But that’s the aim Queen Elizabeth Country Park bosses have set themselves.

They want visitors to walk or cycle one of the trails at the park near Clanfield, for a small donation and have the distance added to a running total.

The aim is to reach the 3,975-mile distance from the park to its twin Queen Elizabeth National Park in the African country.

‘The event is not just about fundraising, it’s a family day out and it’s a chance for the local schools that are involved in the twinning project to showcase all the work they have been doing,’ said Steve Peach, senior ranger at QECP.

The money raised on the day will go towards building an environmental education centre in the Ugandan park.
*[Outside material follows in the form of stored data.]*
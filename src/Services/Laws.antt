-- ===== src/Services/Laws.antt =====
-- What the program relies on in the services, as containerd documents its image store: within one
-- metadata file and one namespace a name refers to one target; `Update` of a missing name and `Get`
-- of it answer not-found; the other calls leave the names alone.
use Prim.Native.String.{String}
use img.Common.{ℕ, Bool, true, Option, none, some, List, ◌≡◌, ◌==◌, ◌&&◌, if◌then◌else◌}
use img.Common.Exec.{Exec, ok, err, Kind, foreign}
use img.Services.{Services, Handle, Context, Descriptor, Image, Puller}

-- The targets by metadata file, namespace and name.
abbrev pub Tags : Type 0
Tags = String → String → String → Option Descriptor

abbrev pub same_key : String → String → String → String → String → String → Bool
same_key f n k f' n' k' = f == f' && (n == n' && k == k')

abbrev pub put_tag : Tags → String → String → String → Option Descriptor → Tags
put_tag t f n k d f' n' k' = if same_key f n k f' n' k' then d else t f' n' k'

-- A call that leaves the names alone, whatever it returns.
abbrev pub IsQuiet : {W A : Type 0} → (W → Tags) → Exec W A → Type 0
IsQuiet {W = W} tags m = (w : W) → tags (m w).1 ≡ tags w

pub record IsLawful {W : Type 0} (S : Services W) : Type 0 where
  pub tags : W → Tags
  -- The metadata file below a store's or a database's handle.
  pub file_of : Handle → String
  pub file_of_bolt :
      (path : String) (mode : ℕ) (read_only : Bool) (w : W) (h : Handle)
      → (S.workers.open_bolt path mode read_only w).0 ≡ ok h
      → file_of h ≡ path
  pub file_of_db :
      (h content : Handle) (ss : List (String × Handle))
      → file_of (S.workers.new_db h content ss) ≡ file_of h
  pub file_of_store : (h : Handle) → file_of (S.workers.new_image_store h) ≡ file_of h
  -- The image store.
  pub get_found :
      (h : Handle) (ctx : Context) (n k : String) (d : Descriptor) (w : W)
      → ctx.namespace ≡ some n
      → tags w (file_of h) n k ≡ some d
      → (i : Image) × ((S.images.get h ctx k w).0 ≡ ok i) × (i.name ≡ k) × (i.target ≡ d)
  pub get_missing :
      (h : Handle) (ctx : Context) (n k : String) (w : W)
      → ctx.namespace ≡ some n
      → tags w (file_of h) n k ≡ none
      → (t : String) × ((S.images.get h ctx k w).0 ≡ err (foreign Kind.not_found t))
  pub get_quiet : (h : Handle) (ctx : Context) (k : String) → IsQuiet tags (S.images.get h ctx k)
  pub update_found :
      (h : Handle) (ctx : Context) (n : String) (i : Image) (d : Descriptor) (w : W)
      → ctx.namespace ≡ some n
      → tags w (file_of h) n i.name ≡ some d
      → (j : Image) × ((S.images.update h ctx i w).0 ≡ ok j)
        × (tags (S.images.update h ctx i w).1
            ≡ put_tag (tags w) (file_of h) n i.name (some i.target))
  pub update_missing :
      (h : Handle) (ctx : Context) (n : String) (i : Image) (w : W)
      → ctx.namespace ≡ some n
      → tags w (file_of h) n i.name ≡ none
      → (t : String) × ((S.images.update h ctx i w).0 ≡ err (foreign Kind.not_found t))
        × (tags (S.images.update h ctx i w).1 ≡ tags w)
  pub create_missing :
      (h : Handle) (ctx : Context) (n : String) (i : Image) (w : W)
      → ctx.namespace ≡ some n
      → tags w (file_of h) n i.name ≡ none
      → (j : Image) × ((S.images.create h ctx i w).0 ≡ ok j)
        × (tags (S.images.create h ctx i w).1
            ≡ put_tag (tags w) (file_of h) n i.name (some i.target))
  pub delete_found :
      (h : Handle) (ctx : Context) (n k : String) (d : Descriptor) (w : W)
      → ctx.namespace ≡ some n
      → tags w (file_of h) n k ≡ some d
      → ((S.images.delete h ctx k true w).0 ≡ ok tt)
        × (tags (S.images.delete h ctx k true w).1 ≡ put_tag (tags w) (file_of h) n k none)
  pub delete_missing :
      (h : Handle) (ctx : Context) (n k : String) (w : W)
      → ctx.namespace ≡ some n
      → tags w (file_of h) n k ≡ none
      → (t : String) × ((S.images.delete h ctx k true w).0 ≡ err (foreign Kind.not_found t))
        × (tags (S.images.delete h ctx k true w).1 ≡ tags w)
  -- The calls that leave the names alone.
  pub getenv_quiet : (v : String) → IsQuiet tags (S.processes.getenv v)
  pub new_id_quiet : IsQuiet tags S.sessions.new_id
  pub new_session_quiet :
      (ctx : Context) (name key : String) → IsQuiet tags (S.sessions.new_session ctx name key)
  pub allow_sync_quiet :
      (h : Handle) (dirs : List (String × String)) → IsQuiet tags (S.sessions.allow_sync h dirs)
  pub allow_auth_quiet : (h : Handle) → IsQuiet tags (S.sessions.allow_auth h)
  pub run_quiet : (h : Handle) (ctx : Context) (d : Handle) → IsQuiet tags (S.sessions.run h ctx d)
  pub close_quiet : (h : Handle) → IsQuiet tags (S.sessions.close h)
  pub mkdir_quiet : (p : String) (mode : ℕ) → IsQuiet tags (S.files.mkdir_all p mode)
  pub supported_quiet : (p : String) → IsQuiet tags (S.workers.overlay_supported p)
  pub manager_quiet : IsQuiet tags S.sessions.new_manager
  pub metadata_quiet : (p : String) → IsQuiet tags (S.workers.new_metadata_store p)
  pub euid_quiet : IsQuiet tags S.workers.parent_euid
  pub native_quiet : (p : String) → IsQuiet tags (S.workers.new_native_snapshotter p)
  pub overlay_quiet : (p : String) → IsQuiet tags (S.workers.new_overlay_snapshotter p)
  pub runc_quiet : (p : String) (b : Bool) → IsQuiet tags (S.workers.new_runc_executor p b)
  pub local_quiet : (p : String) → IsQuiet tags (S.workers.new_local_store p)
  pub bolt_quiet : (p : String) (m : ℕ) (b : Bool) → IsQuiet tags (S.workers.open_bolt p m b)
  pub init_quiet : (h : Handle) → IsQuiet tags (S.workers.init_db h)
  pub id_quiet : (p : String) → IsQuiet tags (S.workers.worker_id p)
  pub now_returns : (w : W) → (time : ℕ) × ((S.files.now w).0 ≡ ok time)
  pub now_quiet : IsQuiet tags S.files.now
  pub push_quiet :
      (ctx : Context) (manager content : Handle) (digest name : String) (insecure : Bool)
      → IsQuiet tags (S.images.push ctx manager content digest name insecure)
  pub pull_quiet : (p : Puller) (ctx : Context) → IsQuiet tags (S.images.pull p ctx)
  pub size_quiet :
      (i : Image) (ctx : Context) (h : Handle) → IsQuiet tags (S.images.image_size i ctx h)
‘Environmental education is incredibly important in Uganda for a number of reasons,’ added Steve, 54.

‘Most important is that the parks there are not fenced in so the opportunity for there to be conflict between the local population and the animals is quite great.’

The Queen Elizabeth Parks Twinning Project has evolved considerably since it started more than 14 years ago.

It has seen a number of exchange visits between the UK and Uganda, the most recent being in the summer of 2014 when a group of nine volunteers travelled to Uganda.

They included representatives from some of the twinned UK schools – Clanfield, Liss and Hart Plain Junior Schools – and the teachers visited their twinned Ugandan schools.

The Walk to Uganda will takes place on Saturday, May 9, and Sunday, May 10.